Fantasy Baseball: Ditching fastballs could help Tanner Houck, Garrett Whitlock unlock a new level

Pitching was supposed to be an issue for the Red Sox this season, especially after offseason signee Lucas Giolito went down with a season-ending elbow injury in the spring. Instead, they’ve just been stupendous. Through five starts, the Red Sox have faced 103 batters, striking out 37 of them while walking just one and allowing a .170/.194/.260 triple-slash line. And only one of those starts was against the Athletics! Through one turn through the rotation, Nick Pivetta, Tanner Houck, Brayan Bello and Garrett Whitlock look like the best starting five in baseball. 

So, how are they doing it? By embracing the future to an unprecedented degree. Red Sox pitching coach Andrew Bailey has de-emphasized fastballs with his staff, something he also did with the Giants last season, who threw a record-low 14.5% four-seamers in 2023. The Red Sox have thrown a fastball just 29.6% of the time so far this season, per FanGraphs, the lowest mark on record. 

We saw that with Tanner Houck riding his slider and splitter to a terrific first start Monday night that made him one of the must-add pitchers of the early season, but the most striking example might have been Nick Pivetta. Pivetta fed the Mariners a steady diet of sweepers, throwing it 33.3% of the time in his first start, up from just a 5.4% usage rate last season. That pitch helped fuel his second-half breakout, and emphasizing it even more might be the key to sustaining that breakout. 

The Red Sox may reach a point of diminishing returns with this approach, of course.
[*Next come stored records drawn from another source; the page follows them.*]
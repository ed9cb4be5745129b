-- ===== src/Memory/Section/Parts.antt =====
-- Where a section of a body ends: at the next heading, and not past one.
use momo_core.Prelude.{
  ◌≡◌, refl, sym, ap, ◌∙◌, subst, ◌⊎◌, inl, inr, Option, some, [], ◌∷◌, ◌++◌, Text, strip_prefix,
  split_once, Bool-cases, Option-cases, ==_iff, ◌==◌, arith, none, false, contains_text,
}
use mathlib.Core.List.{append_assoc, append-nil}
use momo_core.Memory.Section.{newline, mark, next_mark, section_parts}

append-strip_prefix : (p s : Text) {r : Text} → strip_prefix p s ≡ some r → s ≡ p ++ r
unfolding strip_prefix
append-strip_prefix [] s h = ground (arith, h)
append-strip_prefix (c ∷ p) [] h = cc
append-strip_prefix (c ∷ p) (d ∷ s) {r} h = elim (Bool-cases (c == d)) [
  | inr e ↦ absurd (ground (arith, rw (e, strip_prefix) at h))
  | inl e ↦
      let h1 : strip_prefix p s ≡ some r = ground (arith, e, h) in
      ap (λ x. x ∷ s) (sym ((==_iff c d).0 e)) ∙ ap (λ x. c ∷ x) (append-strip_prefix p s h1)
]

some-pair :
    {a b c d : Text}
    → ◌≡◌ {A = Option (Text × Text)} (some (a, c)) (some (b, d))
    → (a ≡ b) × (c ≡ d)
some-pair h = (cc, cc)

append-split_once : (p s b a : Text) → split_once p s ≡ some (b, a) → s ≡ b ++ (p ++ a)
unfolding split_once
append-split_once p [] b a h = elim (Option-cases (strip_prefix p [])) [
  | inl e ↦ absurd (ground (arith, rw (e, split_once) at h))
  | inr (r, e) ↦
      let (before, after) : ([] ≡ b) × (r ≡ a) = some-pair (rw (e, split_once) at h) in
      subst (λ x. [] ≡ x ++ (p ++ a)) before (append-strip_prefix p [] e ∙ ap (λ x. p ++ x) after)
]
append-split_once p (c ∷ s) b a h = elim (Option-cases (strip_prefix p (c ∷ s))) [
  | inr (r, e) ↦
      let (before, after) : ([] ≡ b) × (r ≡ a) = some-pair (rw (e, split_once) at h) in
      subst (λ x. c ∷ s ≡ x ++ (p ++ a)) before
        (append-strip_prefix p (c ∷ s) e ∙ ap (λ x. p ++ x) after)
  | inl e ↦ elim (Option-cases (split_once p s)) [
    | inl q ↦ absurd (ground (arith, rw (e, q, split_once) at h))
    | inr ((x, y), q) ↦
        let (before, after) : (c ∷ x ≡ b) × (y ≡ a) = some-pair (rw (e, q, split_once) at h) in
        subst (λ z. c ∷ s ≡ z ++ (p ++ a)) before
          (ap (λ z. c ∷ z) (append-split_once p s x y q ∙ ap (λ z. x ++ (p ++ z)) after))
  ]
]

strip_prefix-shorter : (p u v : Text) → strip_prefix p (u ++ v) ≡ none → strip_prefix p u ≡ none
unfolding strip_prefix
strip_prefix-shorter [] u v h = absurd (ground (arith, h))
strip_prefix-shorter (c ∷ p) [] v h = refl
strip_prefix-shorter (c ∷ p) (d ∷ u) v h = elim (Bool-cases (c == d)) [
  | inr e ↦ rw (e, strip_prefix) refl
  | inl e ↦
      let h1 : strip_prefix p (u ++ v) ≡ none = ground (arith, e, h) in
      rw (e, strip_prefix) (strip_prefix-shorter p u v h1)
]

-- Before the first heading, the newline that opens it included, there is none.
split_once-before :
    (s b a : Text)
    → split_once next_mark s ≡ some (b, a)
    → split_once next_mark (b ++ newline) ≡ none
unfolding split_once strip_prefix
split_once-before [] b a h = absurd (ground (arith, h))
split_once-before (c ∷ s) b a h = elim (Option-cases (strip_prefix next_mark (c ∷ s))) [
  | inr (r, e) ↦
      let (before, _) : ([] ≡ b) × (r ≡ a) = some-pair (rw (e, split_once) at h) in
      subst (λ x. split_once next_mark (x ++ newline) ≡ none) before refl
  | inl e ↦ elim (Option-cases (split_once next_mark s)) [
    | inl q ↦ absurd (ground (arith, rw (e, q, split_once) at h))
    | inr ((x, y), q) ↦
        let (before, _) : (c ∷ x ≡ b) × (y ≡ a) = some-pair (rw (e, q, split_once) at h) in
        let whole : s ≡ (x ++ newline) ++ (mark ++ y) =
          append-split_once next_mark s x y q ∙ sym (append_assoc x newline (mark ++ y)) in
        let none_here : strip_prefix next_mark (c ∷ (x ++ newline)) ≡ none =
          strip_prefix-shorter next_mark (c ∷ (x ++ newline)) (mark ++ y)
            (subst (λ z. strip_prefix next_mark (c ∷ z) ≡ none) whole e) in
        subst (λ z. split_once next_mark (z ++ newline) ≡ none) before
          (rw (none_here, split_once-before s x y q, split_once) refl)
  ]
]

-- A section ends with the text, or where the next heading starts.
abbrev pub EndsSection : Text → Type 0
EndsSection rest = (rest ≡ []) ⊎ ((later : Text) × (rest ≡ mark ++ later))

pub section_parts-whole :
    (after : Text)
    → (after ≡ (section_parts after).0 ++ (section_parts after).1)
      × EndsSection (section_parts after).1
      × (contains_text next_mark (section_parts after).0 ≡ false)
unfolding section_parts contains_text
section_parts-whole after = elim (Option-cases (split_once next_mark after)) [
  | inl e ↦ rw (e, section_parts) (sym (append-nil after), inl refl, rw (e, contains_text) refl)
  | inr ((own, later), e) ↦
      rw (e, section_parts)
        (
          append-split_once next_mark after own later e
              ∙ sym (append_assoc own newline (mark ++ later)),
          inr (later, refl),
          rw (split_once-before after own later e, contains_text) refl,
        )
]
Sweepers tend to have significant platoon split issues, and non-fastballs tend to be tougher to command, too. Attacking hitters with an entirely new approach can be temporarily befuddling, but once the scouting report gets out, can you sustain that success? Given the approach they’ve taken early on, it looks like the Red Sox rotation is going to be an extreme test case for how sustainable this approach is. But the early returns here have been eye-opening, and makes Houck and Garrett Whitlock especially intriguing as early-season waiver targets.